**WHAT YOU ARE ASKED TO DO**
Using the records below, write out again exactly the lines that begin at the line containing "seq beyond)) in" and end at the line containing "plus = omega (arith, v.fits)", and no other lines.

Collected data
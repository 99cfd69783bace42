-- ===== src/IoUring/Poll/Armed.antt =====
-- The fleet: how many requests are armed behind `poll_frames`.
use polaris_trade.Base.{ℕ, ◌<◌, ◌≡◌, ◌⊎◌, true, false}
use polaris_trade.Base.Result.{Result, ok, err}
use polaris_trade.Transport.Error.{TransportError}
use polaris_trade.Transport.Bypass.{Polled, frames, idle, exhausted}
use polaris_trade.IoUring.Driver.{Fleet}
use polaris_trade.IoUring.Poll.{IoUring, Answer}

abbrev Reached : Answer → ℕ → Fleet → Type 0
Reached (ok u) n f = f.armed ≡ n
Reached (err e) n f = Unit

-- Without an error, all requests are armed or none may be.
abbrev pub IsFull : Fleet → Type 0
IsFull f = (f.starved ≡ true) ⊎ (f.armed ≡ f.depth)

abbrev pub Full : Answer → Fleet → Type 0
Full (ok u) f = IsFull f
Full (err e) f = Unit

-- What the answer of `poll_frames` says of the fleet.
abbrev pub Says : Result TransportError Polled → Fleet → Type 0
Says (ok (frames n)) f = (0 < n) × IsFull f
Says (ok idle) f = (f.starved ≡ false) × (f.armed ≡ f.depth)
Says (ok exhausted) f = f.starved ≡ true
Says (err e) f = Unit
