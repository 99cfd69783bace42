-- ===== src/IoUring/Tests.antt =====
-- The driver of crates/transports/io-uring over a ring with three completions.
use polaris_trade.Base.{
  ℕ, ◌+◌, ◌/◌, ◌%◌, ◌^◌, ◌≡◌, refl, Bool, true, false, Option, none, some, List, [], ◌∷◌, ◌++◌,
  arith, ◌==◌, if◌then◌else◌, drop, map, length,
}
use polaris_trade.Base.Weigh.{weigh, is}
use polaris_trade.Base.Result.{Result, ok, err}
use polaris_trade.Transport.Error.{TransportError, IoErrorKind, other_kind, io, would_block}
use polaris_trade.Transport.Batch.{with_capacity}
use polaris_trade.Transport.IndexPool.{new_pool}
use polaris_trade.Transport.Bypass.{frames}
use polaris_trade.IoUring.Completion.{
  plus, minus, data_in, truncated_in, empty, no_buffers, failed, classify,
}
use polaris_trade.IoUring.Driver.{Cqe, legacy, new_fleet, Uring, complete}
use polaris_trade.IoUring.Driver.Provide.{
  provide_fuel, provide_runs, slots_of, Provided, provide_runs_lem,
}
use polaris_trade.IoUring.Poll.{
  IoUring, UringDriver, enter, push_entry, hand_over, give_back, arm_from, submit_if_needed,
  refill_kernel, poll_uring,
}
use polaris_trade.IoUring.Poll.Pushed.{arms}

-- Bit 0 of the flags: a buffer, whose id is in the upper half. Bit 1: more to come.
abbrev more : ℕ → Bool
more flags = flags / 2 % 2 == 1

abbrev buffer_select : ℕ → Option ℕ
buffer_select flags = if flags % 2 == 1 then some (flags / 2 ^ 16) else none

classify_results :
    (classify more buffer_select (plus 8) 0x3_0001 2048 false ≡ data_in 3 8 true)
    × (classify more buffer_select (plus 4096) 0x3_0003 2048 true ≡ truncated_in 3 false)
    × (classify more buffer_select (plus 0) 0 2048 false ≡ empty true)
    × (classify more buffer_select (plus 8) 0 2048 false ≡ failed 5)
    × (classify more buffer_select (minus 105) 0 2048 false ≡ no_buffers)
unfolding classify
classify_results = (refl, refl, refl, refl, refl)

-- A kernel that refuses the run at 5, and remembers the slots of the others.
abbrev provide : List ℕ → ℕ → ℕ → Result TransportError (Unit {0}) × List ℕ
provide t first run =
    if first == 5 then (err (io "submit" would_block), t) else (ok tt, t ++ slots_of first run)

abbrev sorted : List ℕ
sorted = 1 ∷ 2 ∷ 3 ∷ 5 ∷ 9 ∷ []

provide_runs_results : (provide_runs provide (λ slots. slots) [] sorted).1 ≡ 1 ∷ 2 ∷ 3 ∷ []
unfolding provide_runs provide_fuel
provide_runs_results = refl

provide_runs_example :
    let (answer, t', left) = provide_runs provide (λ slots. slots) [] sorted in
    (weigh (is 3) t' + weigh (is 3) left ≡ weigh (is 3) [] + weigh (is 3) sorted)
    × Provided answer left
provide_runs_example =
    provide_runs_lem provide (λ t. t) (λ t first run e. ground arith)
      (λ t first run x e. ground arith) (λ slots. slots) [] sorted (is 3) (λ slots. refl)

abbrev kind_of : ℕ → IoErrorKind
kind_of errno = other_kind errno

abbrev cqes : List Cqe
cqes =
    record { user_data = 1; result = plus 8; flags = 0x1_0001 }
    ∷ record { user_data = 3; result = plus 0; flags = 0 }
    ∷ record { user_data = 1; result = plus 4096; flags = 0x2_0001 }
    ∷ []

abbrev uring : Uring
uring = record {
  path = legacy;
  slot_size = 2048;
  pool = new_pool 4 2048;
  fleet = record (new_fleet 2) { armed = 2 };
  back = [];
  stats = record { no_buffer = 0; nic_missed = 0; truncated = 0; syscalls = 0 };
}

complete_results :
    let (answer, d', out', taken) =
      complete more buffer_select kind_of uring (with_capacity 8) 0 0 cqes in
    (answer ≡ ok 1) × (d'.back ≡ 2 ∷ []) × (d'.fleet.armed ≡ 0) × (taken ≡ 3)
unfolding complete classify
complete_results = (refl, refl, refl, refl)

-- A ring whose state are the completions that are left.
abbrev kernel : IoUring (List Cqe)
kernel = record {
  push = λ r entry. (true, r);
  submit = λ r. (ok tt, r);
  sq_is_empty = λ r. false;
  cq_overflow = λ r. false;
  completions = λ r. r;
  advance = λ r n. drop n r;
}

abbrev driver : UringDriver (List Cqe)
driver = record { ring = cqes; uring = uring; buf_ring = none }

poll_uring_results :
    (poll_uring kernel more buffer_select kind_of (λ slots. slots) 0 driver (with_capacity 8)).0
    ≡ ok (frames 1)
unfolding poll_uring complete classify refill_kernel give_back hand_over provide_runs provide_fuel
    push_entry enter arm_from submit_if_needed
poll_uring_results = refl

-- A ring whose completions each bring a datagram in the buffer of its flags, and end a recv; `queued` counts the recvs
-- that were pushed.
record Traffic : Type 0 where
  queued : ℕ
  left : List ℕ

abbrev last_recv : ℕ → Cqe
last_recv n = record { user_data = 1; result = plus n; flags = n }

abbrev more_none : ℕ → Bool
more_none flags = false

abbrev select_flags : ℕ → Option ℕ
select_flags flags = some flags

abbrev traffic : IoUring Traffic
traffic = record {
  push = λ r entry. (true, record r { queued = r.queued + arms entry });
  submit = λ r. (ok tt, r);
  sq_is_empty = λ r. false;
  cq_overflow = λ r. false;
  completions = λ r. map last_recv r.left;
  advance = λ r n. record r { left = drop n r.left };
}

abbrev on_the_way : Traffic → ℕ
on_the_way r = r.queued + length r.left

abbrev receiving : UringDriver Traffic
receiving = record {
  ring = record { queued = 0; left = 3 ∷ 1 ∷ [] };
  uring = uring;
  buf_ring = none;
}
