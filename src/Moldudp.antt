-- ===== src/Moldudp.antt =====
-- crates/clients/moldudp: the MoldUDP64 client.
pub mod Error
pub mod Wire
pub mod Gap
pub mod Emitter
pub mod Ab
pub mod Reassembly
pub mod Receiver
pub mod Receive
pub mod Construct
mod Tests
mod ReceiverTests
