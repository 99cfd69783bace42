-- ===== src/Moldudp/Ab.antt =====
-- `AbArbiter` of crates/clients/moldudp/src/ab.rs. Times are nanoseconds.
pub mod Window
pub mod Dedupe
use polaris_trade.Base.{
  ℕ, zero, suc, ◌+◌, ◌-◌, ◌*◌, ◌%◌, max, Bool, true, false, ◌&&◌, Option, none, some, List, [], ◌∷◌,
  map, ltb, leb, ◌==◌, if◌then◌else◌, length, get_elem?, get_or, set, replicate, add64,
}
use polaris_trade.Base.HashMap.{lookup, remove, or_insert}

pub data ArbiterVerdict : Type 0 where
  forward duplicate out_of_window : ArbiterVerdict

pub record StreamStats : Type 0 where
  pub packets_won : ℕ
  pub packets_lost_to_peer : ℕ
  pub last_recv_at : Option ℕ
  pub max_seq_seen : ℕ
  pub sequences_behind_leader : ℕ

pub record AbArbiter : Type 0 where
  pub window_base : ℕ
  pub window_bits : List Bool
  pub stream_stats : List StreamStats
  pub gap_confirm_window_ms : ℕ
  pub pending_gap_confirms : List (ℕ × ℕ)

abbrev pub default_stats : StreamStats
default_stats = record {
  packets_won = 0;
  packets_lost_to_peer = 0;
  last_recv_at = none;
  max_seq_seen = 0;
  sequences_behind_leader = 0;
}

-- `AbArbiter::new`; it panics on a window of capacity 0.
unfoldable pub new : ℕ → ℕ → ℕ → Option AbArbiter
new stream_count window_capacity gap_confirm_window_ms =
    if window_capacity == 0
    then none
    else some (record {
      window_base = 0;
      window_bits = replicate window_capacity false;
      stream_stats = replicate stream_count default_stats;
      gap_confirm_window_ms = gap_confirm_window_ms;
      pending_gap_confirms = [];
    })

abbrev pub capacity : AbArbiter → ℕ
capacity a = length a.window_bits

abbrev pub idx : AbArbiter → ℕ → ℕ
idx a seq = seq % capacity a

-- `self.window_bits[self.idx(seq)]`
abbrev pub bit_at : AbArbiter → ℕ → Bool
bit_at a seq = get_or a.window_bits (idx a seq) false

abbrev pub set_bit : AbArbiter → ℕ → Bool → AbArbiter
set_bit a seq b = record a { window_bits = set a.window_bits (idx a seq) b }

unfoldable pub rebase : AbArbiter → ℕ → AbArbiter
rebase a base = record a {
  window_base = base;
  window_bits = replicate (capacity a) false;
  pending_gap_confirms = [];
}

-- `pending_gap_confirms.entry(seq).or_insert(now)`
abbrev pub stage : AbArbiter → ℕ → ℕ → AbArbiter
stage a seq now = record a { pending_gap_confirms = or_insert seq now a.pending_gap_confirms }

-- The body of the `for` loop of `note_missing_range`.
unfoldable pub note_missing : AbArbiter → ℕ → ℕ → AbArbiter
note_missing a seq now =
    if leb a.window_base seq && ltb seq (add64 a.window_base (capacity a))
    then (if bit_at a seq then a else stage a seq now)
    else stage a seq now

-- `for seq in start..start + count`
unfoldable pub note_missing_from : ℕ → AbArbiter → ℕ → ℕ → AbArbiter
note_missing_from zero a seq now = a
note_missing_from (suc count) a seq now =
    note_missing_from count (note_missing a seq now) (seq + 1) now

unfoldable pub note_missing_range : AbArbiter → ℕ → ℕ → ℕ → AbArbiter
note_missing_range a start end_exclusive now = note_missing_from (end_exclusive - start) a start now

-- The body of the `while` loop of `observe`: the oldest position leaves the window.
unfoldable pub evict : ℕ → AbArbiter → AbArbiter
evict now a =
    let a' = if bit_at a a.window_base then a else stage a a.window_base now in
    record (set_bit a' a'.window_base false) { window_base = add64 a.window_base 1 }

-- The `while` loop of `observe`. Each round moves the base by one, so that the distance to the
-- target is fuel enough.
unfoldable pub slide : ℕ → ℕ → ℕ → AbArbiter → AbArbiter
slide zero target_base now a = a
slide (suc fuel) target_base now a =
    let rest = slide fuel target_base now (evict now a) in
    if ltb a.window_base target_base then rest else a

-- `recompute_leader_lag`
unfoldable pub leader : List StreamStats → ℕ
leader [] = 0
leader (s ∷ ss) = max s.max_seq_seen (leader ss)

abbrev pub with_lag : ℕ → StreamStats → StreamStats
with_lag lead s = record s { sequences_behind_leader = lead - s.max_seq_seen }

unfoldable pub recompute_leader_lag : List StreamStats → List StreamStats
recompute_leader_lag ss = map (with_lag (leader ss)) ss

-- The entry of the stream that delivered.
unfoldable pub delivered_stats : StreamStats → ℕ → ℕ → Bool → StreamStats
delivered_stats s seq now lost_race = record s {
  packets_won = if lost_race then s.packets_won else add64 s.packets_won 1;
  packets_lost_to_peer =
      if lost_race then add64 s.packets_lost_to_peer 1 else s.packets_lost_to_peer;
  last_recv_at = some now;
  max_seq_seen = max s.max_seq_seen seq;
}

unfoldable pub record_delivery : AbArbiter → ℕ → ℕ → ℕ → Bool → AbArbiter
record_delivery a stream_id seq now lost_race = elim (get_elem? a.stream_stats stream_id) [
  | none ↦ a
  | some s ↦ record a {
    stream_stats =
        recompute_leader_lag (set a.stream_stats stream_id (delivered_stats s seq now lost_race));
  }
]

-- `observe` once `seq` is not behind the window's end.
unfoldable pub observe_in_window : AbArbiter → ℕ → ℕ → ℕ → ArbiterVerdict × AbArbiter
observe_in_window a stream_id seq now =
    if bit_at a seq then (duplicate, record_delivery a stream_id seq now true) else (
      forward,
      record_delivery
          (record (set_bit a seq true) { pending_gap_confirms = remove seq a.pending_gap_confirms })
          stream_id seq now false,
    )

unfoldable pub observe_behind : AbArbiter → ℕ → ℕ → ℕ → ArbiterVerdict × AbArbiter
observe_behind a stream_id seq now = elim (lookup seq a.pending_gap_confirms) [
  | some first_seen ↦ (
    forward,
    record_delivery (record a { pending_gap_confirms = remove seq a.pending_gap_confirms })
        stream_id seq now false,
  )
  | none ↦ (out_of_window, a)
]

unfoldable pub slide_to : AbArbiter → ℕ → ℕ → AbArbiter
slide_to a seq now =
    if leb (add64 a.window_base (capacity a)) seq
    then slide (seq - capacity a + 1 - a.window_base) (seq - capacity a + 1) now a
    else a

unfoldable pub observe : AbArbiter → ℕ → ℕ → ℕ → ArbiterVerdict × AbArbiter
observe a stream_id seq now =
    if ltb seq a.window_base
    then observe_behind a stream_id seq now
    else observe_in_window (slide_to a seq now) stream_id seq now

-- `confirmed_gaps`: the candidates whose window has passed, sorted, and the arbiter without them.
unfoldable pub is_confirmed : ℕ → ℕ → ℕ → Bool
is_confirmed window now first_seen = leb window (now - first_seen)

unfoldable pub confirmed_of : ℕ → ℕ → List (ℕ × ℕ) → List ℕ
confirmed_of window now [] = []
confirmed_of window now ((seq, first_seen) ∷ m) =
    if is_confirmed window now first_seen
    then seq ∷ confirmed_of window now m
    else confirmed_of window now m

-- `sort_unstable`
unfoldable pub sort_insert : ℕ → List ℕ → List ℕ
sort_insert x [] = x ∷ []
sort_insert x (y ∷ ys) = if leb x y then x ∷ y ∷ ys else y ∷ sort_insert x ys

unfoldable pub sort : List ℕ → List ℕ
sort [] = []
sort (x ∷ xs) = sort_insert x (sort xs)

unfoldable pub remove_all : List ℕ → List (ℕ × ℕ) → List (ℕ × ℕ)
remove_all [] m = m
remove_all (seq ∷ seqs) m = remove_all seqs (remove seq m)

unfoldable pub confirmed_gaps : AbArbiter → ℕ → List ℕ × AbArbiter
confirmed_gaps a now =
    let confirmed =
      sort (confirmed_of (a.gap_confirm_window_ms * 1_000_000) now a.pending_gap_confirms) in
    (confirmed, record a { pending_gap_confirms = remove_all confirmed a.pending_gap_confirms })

--

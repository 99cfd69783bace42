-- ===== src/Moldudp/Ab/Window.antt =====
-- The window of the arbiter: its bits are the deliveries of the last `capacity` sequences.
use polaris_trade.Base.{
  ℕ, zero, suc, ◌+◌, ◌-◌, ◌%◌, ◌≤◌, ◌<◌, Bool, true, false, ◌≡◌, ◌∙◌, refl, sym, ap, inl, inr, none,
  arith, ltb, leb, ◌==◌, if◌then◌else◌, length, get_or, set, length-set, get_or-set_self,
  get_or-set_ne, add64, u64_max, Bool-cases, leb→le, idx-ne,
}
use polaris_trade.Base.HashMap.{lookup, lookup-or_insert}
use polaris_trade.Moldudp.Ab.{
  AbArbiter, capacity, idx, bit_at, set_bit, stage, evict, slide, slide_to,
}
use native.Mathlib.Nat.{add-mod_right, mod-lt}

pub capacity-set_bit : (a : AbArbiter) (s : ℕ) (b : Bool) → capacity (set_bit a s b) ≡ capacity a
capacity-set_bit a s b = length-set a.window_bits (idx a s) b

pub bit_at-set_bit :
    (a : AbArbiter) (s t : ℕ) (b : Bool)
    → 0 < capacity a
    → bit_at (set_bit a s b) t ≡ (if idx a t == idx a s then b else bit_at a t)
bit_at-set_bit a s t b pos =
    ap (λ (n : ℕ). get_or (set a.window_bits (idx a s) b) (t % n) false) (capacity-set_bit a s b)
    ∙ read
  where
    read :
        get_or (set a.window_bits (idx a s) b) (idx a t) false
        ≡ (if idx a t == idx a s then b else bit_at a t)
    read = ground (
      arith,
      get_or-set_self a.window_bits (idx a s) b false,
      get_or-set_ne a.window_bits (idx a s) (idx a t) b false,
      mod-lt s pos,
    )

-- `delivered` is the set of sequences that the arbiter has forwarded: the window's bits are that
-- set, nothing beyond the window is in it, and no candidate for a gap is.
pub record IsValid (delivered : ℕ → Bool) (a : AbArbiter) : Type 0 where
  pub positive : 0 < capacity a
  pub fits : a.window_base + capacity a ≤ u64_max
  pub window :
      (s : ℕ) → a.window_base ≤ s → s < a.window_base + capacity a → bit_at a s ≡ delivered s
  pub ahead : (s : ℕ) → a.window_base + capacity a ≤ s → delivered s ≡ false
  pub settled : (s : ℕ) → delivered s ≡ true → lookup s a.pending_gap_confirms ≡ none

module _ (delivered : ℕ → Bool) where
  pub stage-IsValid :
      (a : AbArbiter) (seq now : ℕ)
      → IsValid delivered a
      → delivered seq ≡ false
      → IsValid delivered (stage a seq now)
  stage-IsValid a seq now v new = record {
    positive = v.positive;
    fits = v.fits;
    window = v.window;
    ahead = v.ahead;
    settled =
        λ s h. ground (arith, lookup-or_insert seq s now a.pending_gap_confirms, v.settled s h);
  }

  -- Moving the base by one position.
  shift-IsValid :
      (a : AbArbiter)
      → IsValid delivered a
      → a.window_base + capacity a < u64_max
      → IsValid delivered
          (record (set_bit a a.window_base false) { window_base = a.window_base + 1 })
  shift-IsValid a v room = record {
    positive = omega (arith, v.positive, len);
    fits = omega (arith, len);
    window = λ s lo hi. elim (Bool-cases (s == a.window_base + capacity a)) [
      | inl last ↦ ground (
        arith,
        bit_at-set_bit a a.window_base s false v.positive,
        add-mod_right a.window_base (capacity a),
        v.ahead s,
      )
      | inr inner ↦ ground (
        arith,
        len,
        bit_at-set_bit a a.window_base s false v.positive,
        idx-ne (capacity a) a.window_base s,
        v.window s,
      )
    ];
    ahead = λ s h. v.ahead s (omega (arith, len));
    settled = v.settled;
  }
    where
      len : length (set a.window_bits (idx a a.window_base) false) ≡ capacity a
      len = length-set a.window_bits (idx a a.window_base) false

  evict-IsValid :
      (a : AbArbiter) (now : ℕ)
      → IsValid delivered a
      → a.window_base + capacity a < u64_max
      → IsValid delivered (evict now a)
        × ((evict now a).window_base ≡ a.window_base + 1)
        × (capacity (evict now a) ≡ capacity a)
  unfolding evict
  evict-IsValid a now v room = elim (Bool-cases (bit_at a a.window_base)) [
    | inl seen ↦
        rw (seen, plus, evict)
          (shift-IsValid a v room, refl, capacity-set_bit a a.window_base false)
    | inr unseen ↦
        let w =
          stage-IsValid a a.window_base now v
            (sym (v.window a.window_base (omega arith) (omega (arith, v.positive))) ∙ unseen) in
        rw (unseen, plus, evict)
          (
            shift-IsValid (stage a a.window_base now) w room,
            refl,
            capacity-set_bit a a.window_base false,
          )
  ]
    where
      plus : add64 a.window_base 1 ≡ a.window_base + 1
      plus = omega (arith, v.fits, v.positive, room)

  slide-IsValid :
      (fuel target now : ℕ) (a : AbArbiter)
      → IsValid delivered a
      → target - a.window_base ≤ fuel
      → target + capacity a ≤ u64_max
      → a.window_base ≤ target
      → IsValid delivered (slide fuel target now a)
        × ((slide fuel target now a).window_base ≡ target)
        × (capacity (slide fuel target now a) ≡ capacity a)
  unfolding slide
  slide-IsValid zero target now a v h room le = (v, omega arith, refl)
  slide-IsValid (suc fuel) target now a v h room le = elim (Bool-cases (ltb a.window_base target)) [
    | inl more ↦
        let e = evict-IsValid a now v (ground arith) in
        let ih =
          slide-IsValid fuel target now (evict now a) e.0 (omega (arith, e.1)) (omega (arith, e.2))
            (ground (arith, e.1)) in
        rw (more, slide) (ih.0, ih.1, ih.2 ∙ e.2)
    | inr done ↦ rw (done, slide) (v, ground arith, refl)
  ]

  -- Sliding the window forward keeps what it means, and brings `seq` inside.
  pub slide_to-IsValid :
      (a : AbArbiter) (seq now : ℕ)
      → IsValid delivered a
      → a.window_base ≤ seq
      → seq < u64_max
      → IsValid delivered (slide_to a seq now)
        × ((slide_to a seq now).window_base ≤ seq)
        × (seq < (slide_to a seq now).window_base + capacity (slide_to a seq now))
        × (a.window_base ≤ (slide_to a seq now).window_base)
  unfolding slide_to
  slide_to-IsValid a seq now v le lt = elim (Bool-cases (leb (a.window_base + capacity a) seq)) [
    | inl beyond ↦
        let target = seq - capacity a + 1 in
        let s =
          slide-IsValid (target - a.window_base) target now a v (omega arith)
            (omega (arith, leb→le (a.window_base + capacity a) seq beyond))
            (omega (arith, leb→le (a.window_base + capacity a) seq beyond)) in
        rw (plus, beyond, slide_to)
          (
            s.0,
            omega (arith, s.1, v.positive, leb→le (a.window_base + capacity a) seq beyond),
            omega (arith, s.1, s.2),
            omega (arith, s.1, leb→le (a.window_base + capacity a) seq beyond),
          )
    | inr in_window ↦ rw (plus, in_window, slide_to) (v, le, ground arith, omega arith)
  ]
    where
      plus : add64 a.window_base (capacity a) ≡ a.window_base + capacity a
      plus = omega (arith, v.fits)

**COMPLETED EXERCISE**
            (omega (arith, leb→le (a.window_base + capacity a) seq beyond)) in
        rw (plus, beyond, slide_to)
          (
            s.0,
            omega (arith, s.1, v.positive, leb→le (a.window_base + capacity a) seq beyond),
            omega (arith, s.1, s.2),
            omega (arith, s.1, leb→le (a.window_base + capacity a) seq beyond),
          )
    | inr in_window ↦ rw (plus, in_window, slide_to) (v, le, ground arith, omega arith)
  ]
    where
      plus : add64 a.window_base (capacity a) ≡ a.window_base + capacity a
      plus = omega (arith, v.fits)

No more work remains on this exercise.